Three decades on, Denis gathers nearly every thread of this course and weaves them into bodies. Her subject is a French Foreign Legion outpost in Djibouti, seen through the memory of a sergeant whose feelings toward a well-liked recruit he can neither name nor act on; her method is Bresson's — meaning built from hands, gait, and repeated gesture rather than psychology or dialogue. Agnès Godard's camera films the legionnaires' training with tactile closeness — torsos, backs, muscle against rock and sea — until drill becomes choreography and the desert becomes an abstract stage; the debt to Godard's 1960s runs so deep that Denis casts one of his old actors and borrows his character's very name. Structurally it's a Resnais film: memory-shards, out of order, narrated from afterward. And it holds in reserve one of modern cinema's most famous formal detonations — a solo dance in a mirrored nightclub, a minute of pure release from a man who has spent the whole film rigid — proof that the old French faith in withholding can still produce overwhelming feeling.
The course ends with a film that carries the whole inheritance into twenty-first-century France. Audiard's prison epic follows Malik, a young Frenchman of North African descent who enters jail illiterate and unprotected, and tracks his education — in language, in power, in survival — from inside the walls: Stéphane Fontaine's handheld camera stays at eye level, within the social space rather than above it, so you feel the compressed geometry of corridors and cells on your own skin. The lineage is explicit — Bresson's prisons built out of sound (footsteps, scraping metal, the acoustics of a cell doing narrative work), Melville's hero who survives by withholding everything and becomes legible only through procedure. But Audiard adds something the tradition had refused: visions — impossible things allowed to sit calmly inside documentary-real spaces, a realist film that dreams. And it turns the national cinema's gaze, at last, onto the France its classics had kept at the margins — the prison as a map of the country outside it.

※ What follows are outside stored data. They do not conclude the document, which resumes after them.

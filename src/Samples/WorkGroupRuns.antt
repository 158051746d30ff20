-- ===== src/Samples/WorkGroupRuns.antt =====
-- internal/racerepeat/groups.go and internal/racerepeat/shards.go at a concrete plan.
use goplint.Base.{
  All, none, pos, ℕ, str_less, String, str_eq, Bool, List, [], ◌∷◌, some, ◌≡◌, refl, arith, length,
}
use goplint.WorkGroups.{WorkUnit, partition, select_work_group, effective_group_weight, goes_before}
use goplint.WorkGroups.Shards.{TimingEntry, Shard, allocate_lpt, is_longer}
use goplint.WorkGroups.Shards.Balance.{IsFair, longest_of, total_of, allocate_lpt-IsFair}
use goplint.WorkGroups.Shards.Members.{count_members, count_entries, allocate_lpt-exhaustive}
use goplint.WorkGroups.Nonempty.{select_work_group_total}
use goplint.WorkGroups.Partition.{count_groups, partition-exhaustive}

abbrev unit : String → String → ℕ → WorkUnit
unit id mode weight = record { id = id; mode = mode; total_weight = weight }

-- The race unit weighs four times its weight.
abbrev plan : List WorkUnit
plan = unit "a" "repeat" 30 ∷ unit "b" "race" 10 ∷ unit "c" "repeat" 5 ∷ []

second_group : select_work_group plan 2 2 ≡ some (unit "a" "repeat" 30 ∷ unit "c" "repeat" 5 ∷ [])
unfolding select_work_group effective_group_weight goes_before str_less
second_group = refl

abbrev is_repeat : WorkUnit → Bool
is_repeat u = str_eq u.mode "repeat"

partition-exhaustive_example :
    (length (partition plan 2) ≡ 2) × (count_groups is_repeat (partition plan 2) ≡ 2)
partition-exhaustive_example = partition-exhaustive plan 2 is_repeat (omega arith)

select_work_group_total_example : (r : List WorkUnit) × (select_work_group plan 2 2 ≡ some r)
unfolding effective_group_weight
select_work_group_total_example =
    select_work_group_total plan 2 2 (omega arith) (omega arith) (omega arith) (omega arith)

abbrev entry : String → ℕ → TimingEntry
entry id weight = record { id = id; duration_weight = weight }

abbrev census : List TimingEntry
census = entry "a" 30 ∷ entry "b" 70 ∷ entry "c" 50 ∷ []

-- The longest entry has a shard for itself.
abbrev shards : List Shard
shards =
    record { id = "race-01"; member_ids = "b" ∷ []; total_weight = 70; timeout_seconds = 120 }
    ∷ record {
      id = "race-02";
      member_ids = "a" ∷ "c" ∷ [];
      total_weight = 80;
      timeout_seconds = 120;
    }
    ∷ []

two_shards : allocate_lpt census (pos 2) "race" ≡ some shards
unfolding allocate_lpt is_longer str_less
two_shards = refl

abbrev is_c : String → Bool
is_c id = str_eq id "c"

allocate_lpt-exhaustive_example :
    (length shards ≡ 2) × (count_members is_c shards ≡ count_entries is_c census)
allocate_lpt-exhaustive_example = allocate_lpt-exhaustive is_c census 1 "race" shards two_shards

too_many_shards : allocate_lpt census (pos 4) "race" ≡ none
unfolding allocate_lpt
too_many_shards = refl

allocate_lpt-IsFair_example :
    (filled : List Shard) × (allocate_lpt census (pos 2) "race" ≡ some filled)
    × (low : ℕ) × All (IsFair low (longest_of census)) filled
unfolding total_of
allocate_lpt-IsFair_example = allocate_lpt-IsFair census 1 "race" (omega arith) (omega arith)
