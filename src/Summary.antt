-- ===== src/Summary.antt =====
-- goplint/cfa_summary.go: the summary of a callee for one target, and what it says of the state in
-- which the caller goes on. A slot of -1 is `none`.
pub mod Effect
pub mod Continuation
pub mod Transfer
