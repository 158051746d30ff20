-- ===== src/Summary/Continuation/Valid.antt =====
-- The state behind a call has declared values only.
use goplint.Base.{
  ℕ, Bool, true, false, ◌≡◌, refl, subst, some, List, [], ◌∷◌, arith, inl, inr, Option-cases,
  Bool-cases, not, ◌||◌, bit_and, bit_or,
}
use goplint.Protocol.State.{AbstractState, valid, complement, all_hazards, all_uncertainty}
use goplint.Protocol.Effects.{unknown_call_effects}
use goplint.Protocol.Validity.{IsValid, IsValid→valid, avoids_or}
use goplint.Summary.Effect.{
  SummaryEffectKind, SummaryCondition, SummaryEffectFact, effect_pure, effect_preserve,
  effect_validate, effect_mutate, effect_replace, effect_escape, effect_consume, effect_terminal,
  other_effect, no_condition, condition_result_nil, condition_successful_return, other_condition,
}
use goplint.Summary.Continuation.{
  CalleeTargetSummary, continue_effect, continue_effects, continuation_state_from, start_state,
  is_empty,
}

module _ (s : AbstractState) (h : IsValid s) where
  hazards_with :
      (b : ℕ)
      → bit_and b (complement 8 all_hazards) ≡ 0
      → bit_and (bit_or s.hazards b) (complement 8 all_hazards) ≡ 0
  hazards_with b p = avoids_or s.hazards b (complement 8 all_hazards) h.1 p

  effects_with :
      (b : ℕ)
      → bit_and b (complement 16 unknown_call_effects) ≡ 0
      → bit_and (bit_or s.possible_effects b) (complement 16 unknown_call_effects) ≡ 0
  effects_with b p = avoids_or s.possible_effects b (complement 16 unknown_call_effects) h.6 p

  uncertainty_with : bit_and (bit_or s.uncertainty 0) (complement 32 all_uncertainty) ≡ 0
  uncertainty_with = avoids_or s.uncertainty 0 (complement 32 all_uncertainty) h.5 refl

step-IsValid :
    (k : SummaryEffectKind) (c : SummaryCondition) (s t : AbstractState)
    → IsValid s
    → continue_effect k c s ≡ some t
    → IsValid t
unfolding continue_effect
step-IsValid effect_pure c s t h e = ground arith
step-IsValid effect_preserve c s t h e = ground arith
step-IsValid effect_validate no_condition s t h e = cc
step-IsValid effect_validate condition_result_nil s t h e = ground (arith, uncertainty_with s h)
step-IsValid effect_validate condition_successful_return s t h e = ground arith
step-IsValid effect_validate (other_condition x) s t h e = cc
step-IsValid effect_mutate c s t h e = ground (arith, effects_with s h 2 refl)
step-IsValid effect_replace c s t h e = ground (arith, effects_with s h 4 refl)
step-IsValid effect_escape c s t h e =
    ground (arith, effects_with s h 8 refl, hazards_with s h 1 refl)
step-IsValid effect_consume c s t h e =
    ground (arith, effects_with s h 16 refl, hazards_with s h 2 refl)
step-IsValid effect_terminal c s t h e = ground (arith, effects_with s h 32 refl)
step-IsValid (other_effect x) c s t h e = cc

loop-IsValid :
    (es : List SummaryEffectFact) (s t : AbstractState)
    → IsValid s
    → continue_effects es s ≡ some t
    → IsValid t
unfolding continue_effects
loop-IsValid [] s t h e = subst IsValid (cc) h
loop-IsValid (x ∷ es) s t h e = elim (Option-cases (continue_effect x.kind x.condition s)) [
  | inl stop ↦ cc (rw (stop, continue_effects) at e)
  | inr (u, go) ↦
      loop-IsValid es u t (step-IsValid x.kind x.condition s u h go)
        (rw (go, continue_effects) at e)
]

start-IsValid : (validated : Bool) → IsValid (start_state validated)
start-IsValid true = omega arith
start-IsValid false = omega arith

-- Whatever a summary says, the state in which the caller goes on is valid.
pub valid-continuation_state_from :
    (summary : CalleeTargetSummary) (validated : Bool) (t : AbstractState)
    → continuation_state_from summary validated ≡ some t
    → valid t ≡ true
unfolding continuation_state_from
valid-continuation_state_from summary validated t e =
    elim (Bool-cases (not summary.complete || is_empty summary.effects)) [
      | inl stop ↦ cc (rw (stop, continuation_state_from) at e)
      | inr go ↦ IsValid→valid t (
          loop-IsValid summary.effects (start_state validated) t (start-IsValid validated)
            (rw (go, continuation_state_from) at e))
    ]
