-- ===== src/Tabulation.antt =====
-- The interprocedural tabulation: goplint/cfa_ifds_tabulation.go.
pub mod Conditional
pub mod Facts
pub mod Antichain
pub mod Edges
pub mod Result
pub mod Problem
pub mod State
pub mod Calls
pub mod Targets
pub mod Visit
pub mod Solve
pub mod Runs
pub mod Growth
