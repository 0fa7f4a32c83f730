-- ===== src/SessionLoop/Process/Whole.antt =====
-- `_process_one` and `process_deferred_batch` of agentd/src/agentd/session_loop.py.
use code_workflow.Prelude.{ℕ, ◌+◌, List, [], ◌∷◌}
use code_workflow.Store.Rows.{Delivery}
use code_workflow.Store.Deliveries.{list_deferred}
use code_workflow.SessionLoop.Process.{
  Incoming, World, Outcome, next, finished, raised, ◌▷◌, Outside, TurnRequest,
}
use code_workflow.SessionLoop.Process.Admit.{admit}
use code_workflow.SessionLoop.Process.Events.{Classified, classify}
use code_workflow.SessionLoop.Process.Approvals.{approve_design, approve_feature}
use code_workflow.SessionLoop.Process.Merges.{check_merge}
use code_workflow.SessionLoop.Process.Route.{route_delivery}
use code_workflow.SessionLoop.Process.Heads.{check_heads}
use code_workflow.SessionLoop.Process.Step.{step_delivery}
use code_workflow.SessionLoop.Process.Dispatch.{run_turn}

module _ (o : Outside) where
  -- A delivery whose kind the state machine may see: an approval has been verified.
  unfoldable pub verified_delivery : Incoming → World → Outcome Classified
  unfolding admit classify approve_design approve_feature
  verified_delivery e w = admit o e w ▷ classify o ▷ approve_design o ▷ approve_feature o

  -- What happens to a delivery before a turn; `next` is the turn that it calls for.
  unfoldable pub decide_turn : Incoming → World → Outcome TurnRequest
  unfolding verified_delivery check_merge route_delivery check_heads step_delivery
  decide_turn e w =
      verified_delivery e w ▷ check_merge o ▷ route_delivery o ▷ check_heads o ▷ step_delivery o

  unfoldable pub process_one : Incoming → World → Outcome Unit
  unfolding decide_turn run_turn
  process_one e w = decide_turn e w ▷ run_turn o

  -- The world after a delivery, and 1 unless an exception ended it.
  abbrev pub tally : Outcome Unit → World × ℕ
  tally (next u w) = (w, 1)
  tally (finished w) = (w, 1)
  tally (raised w) = (w, 0)

  abbrev pub add_to : ℕ → World × ℕ → World × ℕ
  add_to n (w, m) = (w, n + m)

  unfoldable pub process_rows : (Delivery → Incoming) → List Delivery → World → World × ℕ
  unfolding process_one
  process_rows read [] w = (w, 0)
  process_rows read (row ∷ rows) w =
      let first = tally (process_one (read row) w) in
      add_to first.1 (process_rows read rows first.0)

  -- `read` is the row with its body read.
  unfoldable pub process_deferred_batch : (Delivery → Incoming) → ℕ → World → World × ℕ
  unfolding process_rows list_deferred
  process_deferred_batch read limit w = process_rows read (list_deferred o.now limit w.store) w
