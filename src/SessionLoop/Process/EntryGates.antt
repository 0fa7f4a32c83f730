-- ===== src/SessionLoop/Process/EntryGates.antt =====
-- What the parts of `_process_one` before the approvals hand on.
use code_workflow.Prelude.{ℕ, ◌≡◌, refl, ◌∙◌, false, not, ◌&&◌, Option, none, some, str_eq}
use code_workflow.Store.Rows.{Session}
use code_workflow.SessionLoop.{close_reconcile_held}
use code_workflow.SessionLoop.Process.{
  Incoming, World, ◌▷◌, Outside, Ensured, ensured, capacity_refused, ensure_failed,
  structural_refused,
}
use code_workflow.SessionLoop.Process.Resolve.{row_of, Resolved, resolve_session_for_delivery}
use code_workflow.Store.Sessions.{get_session}
use code_workflow.Intake.{may_create_session}
use code_workflow.LoopSafety.{Breach}
use code_workflow.SessionLoop.Process.Outcomes.{
  handed, ended, Next, ▷-Post, Post-weaken, if-Post, either-Post, then-Next, handled-Next,
}
use code_workflow.SessionLoop.Process.Admit.{
  Taken, admit, admit_issue, find_session, after_ensure, take_up, start,
}
use code_workflow.SessionLoop.Process.Events.{
  Classified, classify, skip_parts, issue_events, check_budget, is_review_part, from_author,
  is_verdict_event, is_issue_action, unmark, is_paused, breached, breach_text, classified,
}
use code_workflow.SessionLoop.Process.StepGates.{escalate_done-Next}

module _ (o : Outside) where
  take_up-Next :
      (e : Incoming) (r : Resolved) (x : Option Session) (w : World)
      → Next (λ t v. t.incoming ≡ e) (take_up o e r x w)
  take_up-Next e r none w = ended tt
  take_up-Next e r (some x) w = handed refl

  after_ensure-Next :
      (e : Incoming) (r : Resolved) (x : Ensured)
      → Next (λ t v. t.incoming ≡ e) (after_ensure o e r x)
  after_ensure-Next e r (ensured w) =
      then-Next (start o r (row_of (get_session r.session_key w.store)) w) _
        (λ u v. take_up-Next e r (row_of (get_session r.session_key v.store)) v)
  after_ensure-Next e r (capacity_refused w) = ended tt
  after_ensure-Next e r (ensure_failed w) = ended tt
  after_ensure-Next e r (structural_refused reason w) =
      handled-Next (o.structural_refusal r.session_key e reason w)

  find_session-Next :
      (e : Incoming) (r : Resolved) (w : World) (x : Option Session)
      → Next (λ t v. t.incoming ≡ e) (find_session o e r w x)
  find_session-Next e r w (some x) = handed refl
  find_session-Next e r w none =
      either-Post (not (may_create_session e.event e.action e.payload o.intake)) (ended tt)
        (either-Post (not o.has_supervisor) (ended tt) (after_ensure-Next e r _))

  admit_issue-Next :
      (e : Incoming) (w : World) (n : Option ℕ) → Next (λ t v. t.incoming ≡ e) (admit_issue o e w n)
  admit_issue-Next e w none = ended tt
  admit_issue-Next e w (some n) =
      find_session-Next e (resolve_session_for_delivery e n w.store) w
        (resolve_session_for_delivery e n w.store).session

  admit-Next : (e : Incoming) (w : World) → Next (λ t v. t.incoming ≡ e) (admit o e w)
  unfolding admit
  admit-Next e w = either-Post (str_eq e.repo "") (ended tt) (admit_issue-Next e w e.issue_num)

  skip_parts-Next :
      (t : Taken) (w : World)
      → Next
          (λ u v. (u.incoming ≡ t.incoming) × (is_review_part u.incoming.event ≡ false))
          (skip_parts o.owner t w)
  skip_parts-Next t w =
      if-Post (λ e. ended tt)
        (λ e.
          either-Post (from_author o.owner t.incoming && not (is_verdict_event t.incoming))
            (ended tt) (handed (refl, e)))

  issue_events-Next :
      (t : Taken) (w : World) → Next (λ u v. u.incoming ≡ t.incoming) (issue_events o t w)
  issue_events-Next t w = either-Post (is_issue_action "closed" t) (handled-Next _) (
      either-Post (is_issue_action "edited" t) (handled-Next _) (
        either-Post (is_issue_action "reopened" t)
          (then-Next _ _ (λ u v.
            either-Post (close_reconcile_held t.sess.state (unmark t.sess))
              (then-Next _ _ (λ x y. ended tt)) (handed refl)))
          (handed refl)))

  breached-Next :
      (t : Taken) (w : World) (b : Option Breach)
      → Next (λ c v. c ≡ classified o.owner t) (breached o t w b)
  breached-Next t w none = handed refl
  breached-Next t w (some b) = escalate_done-Next o t.session_key (breach_text b) t.incoming w

  check_budget-Next :
      (t : Taken) (w : World) → Next (λ c v. c ≡ classified o.owner t) (check_budget o t w)
  check_budget-Next t w = either-Post (is_paused t.sess) (handed refl) (breached-Next t w _)

  -- A classified delivery: no part of a review, with the kind of its event.
  abbrev pub Entered : Incoming → Classified → Type 0
  Entered e c =
      (c.taken.incoming ≡ e) × ((is_review_part e.event ≡ false) × (c ≡ classified o.owner c.taken))

  entered :
      (t u : Taken) (c : Classified)
      → (u.incoming ≡ t.incoming) × (is_review_part t.incoming.event ≡ false)
      → c ≡ classified o.owner u
      → Entered t.incoming c
  entered t u c s e = rw e (s.0, (s.1, refl))

  classify-Entered : (t : Taken) (w : World) → Next (λ c v. Entered t.incoming c) (classify o t w)
  unfolding classify
  classify-Entered t w =
      ▷-Post (skip_parts o.owner t w ▷ issue_events o) _
        (▷-Post (skip_parts o.owner t w) _ (skip_parts-Next t w)
          (λ u v s. Post-weaken (issue_events-Next u v) (λ x y e. (e ∙ s.0, rw (← s.0) s.1))))
        (λ u v s. Post-weaken (check_budget-Next u v) (λ c y e. entered t u c s e))

  pub entry-Entered :
      (e : Incoming) (w : World) → Next (λ c v. Entered e c) (admit o e w ▷ classify o)
  entry-Entered e w =
      ▷-Post (admit o e w) (classify o) (admit-Next e w)
        (λ t v s. Post-weaken (classify-Entered t v) (λ c x p. rw (← s) p))
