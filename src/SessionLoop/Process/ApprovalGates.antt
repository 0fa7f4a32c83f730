-- ===== src/SessionLoop/Process/ApprovalGates.antt =====
-- What the approvals and the merges of `_process_one` hand on.
use code_workflow.Prelude.{
  ℕ, String, ◌≡◌, refl, ap, ◌∙◌, true, Bool-cases, inl, inr, ◌⊎◌, Option, none, some,
}
use code_workflow.Fsm.{EventKind, merge_authorized}
use code_workflow.SessionLoop.Process.{Incoming, World, ◌▷◌, Outside}
use code_workflow.SessionLoop.Process.Outcomes.{
  handed, ended, Next, ▷-Post, Post-weaken, either-Post,
}
use code_workflow.SessionLoop.Process.Admit.{admit, taken}
use code_workflow.SessionLoop.Process.Events.{Classified, classify}
use code_workflow.SessionLoop.Process.StepGates.{escalate_done-Next}
use code_workflow.SessionLoop.Process.Whole.{verified_delivery}
use code_workflow.Verify.{ApprovalCheck}
use code_workflow.SessionLoop.Process.Approvals.{
  check_design, check_feature, judge_design, judge_merge_auth, approve_design, approve_feature,
  is_design_unverified, is_feature_unverified, defuse_feature_pr_closing_keywords, defused, patched,
  with_kind,
}
use code_workflow.SessionLoop.Process.Merges.{
  check_merge, merge_in_state, is_tracked, is_awaiting, is_merging, is_design_merge,
  is_feature_merge, branch_removed,
}
use code_workflow.SessionLoop.Process.EntryGates.{Entered, entry-Entered}

module _ (o : Outside) where
  judge_design-Next :
      (c : Classified) (w : World) (check : ApprovalCheck)
      → Next
          (λ d v. (d ≡ with_kind EventKind.design_approved c) × (check.ok ≡ true))
          (judge_design o c w check)
  judge_design-Next c w check = elim (Bool-cases check.ok) [
    | inl e ↦ rw e (handed (refl, refl))
    | inr e ↦
        rw e (either-Post check.superseded (ended tt) (escalate_done-Next o _ _ c.taken.incoming w))
  ]

  patched-Next :
      (c : Classified) (pr : ℕ) (w : World) (body : Option String)
      → Next (λ d v. d ≡ c) (patched o c pr w body)
  patched-Next c pr w none = handed refl
  patched-Next c pr w (some body) =
      either-Post (o.patch_issue_body c.taken.incoming.repo pr body) (handed refl)
        (escalate_done-Next o _ _ c.taken.incoming w)

  defused-Next :
      (c : Classified) (pr : ℕ) (w : World) (body : Option String)
      → Next (λ d v. d ≡ c) (defused o c pr w body)
  defused-Next c pr w none = escalate_done-Next o _ _ c.taken.incoming w
  defused-Next c pr w (some body) = patched-Next c pr w _

  defuse_feature_pr_closing_keywords-Next :
      (c : Classified) (pr : ℕ) (w : World)
      → Next (λ d v. d ≡ c) (defuse_feature_pr_closing_keywords o c pr w)
  unfolding defuse_feature_pr_closing_keywords
  defuse_feature_pr_closing_keywords-Next c pr w = defused-Next c pr w _

  judge_merge_auth-Next :
      (c : Classified) (w : World) (check : ApprovalCheck)
      → Next
          (λ d v. (d ≡ with_kind merge_authorized c) × (check.ok ≡ true))
          (judge_merge_auth o c w check)
  judge_merge_auth-Next c w check = elim (Bool-cases check.ok) [
    | inl e ↦ rw e (
        ▷-Post (defuse_feature_pr_closing_keywords o c _ _) _
          (defuse_feature_pr_closing_keywords-Next c _ _)
          (λ d v s. handed (ap (with_kind merge_authorized) s, refl)))
    | inr e ↦ rw e (
        either-Post check.superseded (ended tt) (
          either-Post check.transient
            (either-Post _ (ended tt) (escalate_done-Next o _ _ c.taken.incoming _))
            (escalate_done-Next o _ _ c.taken.incoming _)))
  ]

  -- The session is the one that was read, and the kind is the event's, or one that was verified.
  abbrev pub Verified : Classified → Classified → Type 0
  Verified c d =
      (d.taken ≡ c.taken)
      × ((d.kind ≡ c.kind)
          ⊎ (((d.kind ≡ EventKind.design_approved) × ((check_design o c.taken).ok ≡ true))
              ⊎ ((d.kind ≡ merge_authorized) × ((check_feature o c.taken).ok ≡ true))))

  approve_design-Verified :
      (c : Classified) (w : World) → Next (λ d v. Verified c d) (approve_design o c w)
  unfolding approve_design
  approve_design-Verified c w =
      either-Post (is_design_unverified c.kind)
        (Post-weaken (judge_design-Next c w (check_design o c.taken))
          (λ d v s. (ap (λ x. x.taken) s.0, inr (inl (ap (λ x. x.kind) s.0, s.1)))))
        (handed (refl, inl refl))

  approve_feature-Verified :
      (c : Classified) (w : World) → Next (λ d v. Verified c d) (approve_feature o c w)
  unfolding approve_feature
  approve_feature-Verified c w =
      either-Post (is_feature_unverified c.kind)
        (Post-weaken (judge_merge_auth-Next c w (check_feature o c.taken))
          (λ d v s. (ap (λ x. x.taken) s.0, inr (inr (ap (λ x. x.kind) s.0, s.1)))))
        (handed (refl, inl refl))

  Verified-then : (c d e : Classified) → Verified c d → Verified d e → Verified c e
  Verified-then c d e (taken, how) (taken', inr (inl (kind, ok))) =
      (taken' ∙ taken, inr (inl (kind, rw (← taken) ok)))
  Verified-then c d e (taken, how) (taken', inr (inr (kind, ok))) =
      (taken' ∙ taken, inr (inr (kind, rw (← taken) ok)))
  Verified-then c d e (taken, how) (taken', inl same) = (taken' ∙ taken, rw same how)

  -- What the state machine is shown: the delivery as it entered, with a kind that was verified.
  abbrev pub Shown : Incoming → Classified → Type 0
  Shown e d = (c : Classified) × (Entered o e c × Verified c d)

  pub verified_delivery-Shown :
      (e : Incoming) (w : World) → Next (λ d v. Shown e d) (verified_delivery o e w)
  unfolding verified_delivery
  verified_delivery-Shown e w =
      ▷-Post {P = λ d v. Shown e d} (admit o e w ▷ classify o ▷ approve_design o)
        (approve_feature o)
        (▷-Post (admit o e w ▷ classify o) (approve_design o) (entry-Entered o e w)
          (λ c v s. Post-weaken (approve_design-Verified c v) (λ d x p. (c, (s, p)))))
        (λ d v (c, (s, p)).
          Post-weaken (approve_feature-Verified d v) (λ f x p'. (c, (s, Verified-then c d f p p'))))

  merge_in_state-Next : (c : Classified) (w : World) → Next (λ d v. d ≡ c) (merge_in_state o c w)
  merge_in_state-Next c w =
      either-Post (is_awaiting c.state) (ended tt) (
        either-Post (is_merging c.state) (handed refl)
          (escalate_done-Next o _ _ c.taken.incoming w))

  pub check_merge-Next : (c : Classified) (w : World) → Next (λ d v. d ≡ c) (check_merge o c w)
  unfolding check_merge
  check_merge-Next c w =
      either-Post (is_design_merge c.kind)
        (either-Post (is_tracked c.taken.sess.design_pr c.taken.incoming.pull_number) (handed refl)
          (ended tt))
        (either-Post (is_feature_merge c.kind)
          (either-Post (is_tracked c.taken.sess.feature_pr c.taken.incoming.pull_number)
            (merge_in_state-Next c (branch_removed o c w)) (ended tt))
          (handed refl))
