-- ===== src/SessionLoop/Process/RouteGates.antt =====
-- What the routing of a delivery and the look at its heads hand on.
use code_workflow.Prelude.{String, ◌≡◌, refl, Bool, true, false, ◌&&◌, Option, none, some}
use code_workflow.Prelude.Int.{ℤ}
use code_workflow.Fsm.{is_terminal}
use code_workflow.Routing.{RouteAction, drop, route, defer}
use code_workflow.SessionLoop.{close_reconcile_held}
use code_workflow.SessionLoop.Process.{World, ◌▷◌, Outside, LivePr}
use code_workflow.SessionLoop.Process.Outcomes.{
  handed, ended, Next, Post-weaken, if-Post, either-Post, then-Next, handled-Next,
}
use code_workflow.SessionLoop.Process.Events.{Classified}
use code_workflow.SessionLoop.Process.Route.{
  Routed, routed, route_delivery, by_action, is_owner_reply, reply_to_pause, reset_budget,
  resume_writes,
}
use code_workflow.SessionLoop.Process.Heads.{
  fetch_live_pr, check_heads, check_opened, check_revised, is_taken_head, is_stale_head,
  head_of_kind, Watermark,
}

abbrev pub is_defer : RouteAction → Bool
is_defer defer = true
is_defer _ = false

module _ (o : Outside) where
  check_opened-Next :
      (r : Routed) (n : ℤ) (x : Option LivePr × World)
      → Next (λ h v. h.routed ≡ r) (check_opened r n x)
  check_opened-Next r n (live, w) = if-Post (λ e. ended tt) (λ e. handed refl)

  check_revised-Next :
      (r : Routed) (wm : Watermark) (sha : String) (x : Option LivePr × World)
      → Next (λ h v. h.routed ≡ r) (check_revised r wm sha x)
  check_revised-Next r wm sha (live, w) =
      either-Post (is_taken_head wm sha r.classified.taken.sess) (ended tt)
        (either-Post (is_stale_head sha live) (ended tt) (handed refl))

  head_of_kind-Next :
      (r : Routed) (w : World) (opened : Bool) (wm : Option Watermark) (sha : Option String)
      (n : Option ℤ)
      → Next (λ h v. h.routed ≡ r) (head_of_kind o r w opened wm sha n)
  head_of_kind-Next r w true wm sha none = handed refl
  head_of_kind-Next r w true wm sha (some n) = check_opened-Next r n _
  head_of_kind-Next r w false none sha n = handed refl
  head_of_kind-Next r w false (some wm) none n = handed refl
  head_of_kind-Next r w false (some wm) (some sha) none = handed refl
  head_of_kind-Next r w false (some wm) (some sha) (some n) =
      check_revised-Next r wm sha (fetch_live_pr o r.classified.taken.incoming.repo n w)

  pub check_heads-Next : (r : Routed) (w : World) → Next (λ h v. h.routed ≡ r) (check_heads o r w)
  unfolding check_heads
  check_heads-Next r w = head_of_kind-Next r w _ _ _ _

  reply_to_pause-Next : (r : Routed) (w : World) → Next (λ q v. q ≡ r) (reply_to_pause o r w)
  reply_to_pause-Next r w =
      let c = r.classified in
      either-Post (c.paused && is_owner_reply c.kind)
        (either-Post (close_reconcile_held c.state c.taken.sess) (ended tt) (
          then-Next (resume_writes o r.classified w) _
            (λ u v. either-Post (is_terminal c.state) (ended tt) (handled-Next _))))
        (handed refl)

  resumable-Next :
      (r : Routed) (w : World)
      → Next (λ q v. q ≡ r) (reset_budget o r w ▷ λ u v. reply_to_pause o r v)
  resumable-Next r w = then-Next (reset_budget o r w) _ (λ u v. reply_to_pause-Next r v)

  by_action-Next :
      (r : Routed) (w : World) (a : RouteAction)
      → Next (λ q v. (q ≡ r) × (is_defer a ≡ false)) (by_action o r w a)
  by_action-Next r w defer = either-Post (is_terminal r.classified.state) (ended tt) (ended tt)
  by_action-Next r w drop = Post-weaken (resumable-Next r w) (λ q v e. (e, refl))
  by_action-Next r w route = Post-weaken (resumable-Next r w) (λ q v e. (e, refl))

  pub route_delivery-Next :
      (c : Classified) (w : World)
      → Next
          (λ r v. (r ≡ routed o c) × (is_defer (routed o c).decision.action ≡ false))
          (route_delivery o c w)
  unfolding route_delivery
  route_delivery-Next c w = by_action-Next (routed o c) w _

Run the line back through and the through-lines stand out like rails. Renoir's deep, wandering frame resurfaces in Tati's glass city; Bresson's emptied faces pass through Melville's killer to Denis's legionnaires and Audiard's prisoner; Resnais's discovery that a cut can travel through time flows into Marienbad, then into Beau Travail's memory-shards. The New Wave's street-shot freedom became the default grammar of world cinema — every handheld, natural-light, location-real film owes 1959 a debt — while the quieter French inventions, restraint as intensity and sound as architecture, keep resurfacing wherever filmmakers trust an audience to lean in. That is the real French tradition on display here: not a style but a habit of mind, the conviction that the way a film is made is what it means, renewed every generation by someone impatient enough to break the rules of the game. Twelve films, seventy years, one continuous argument — and it isn't over.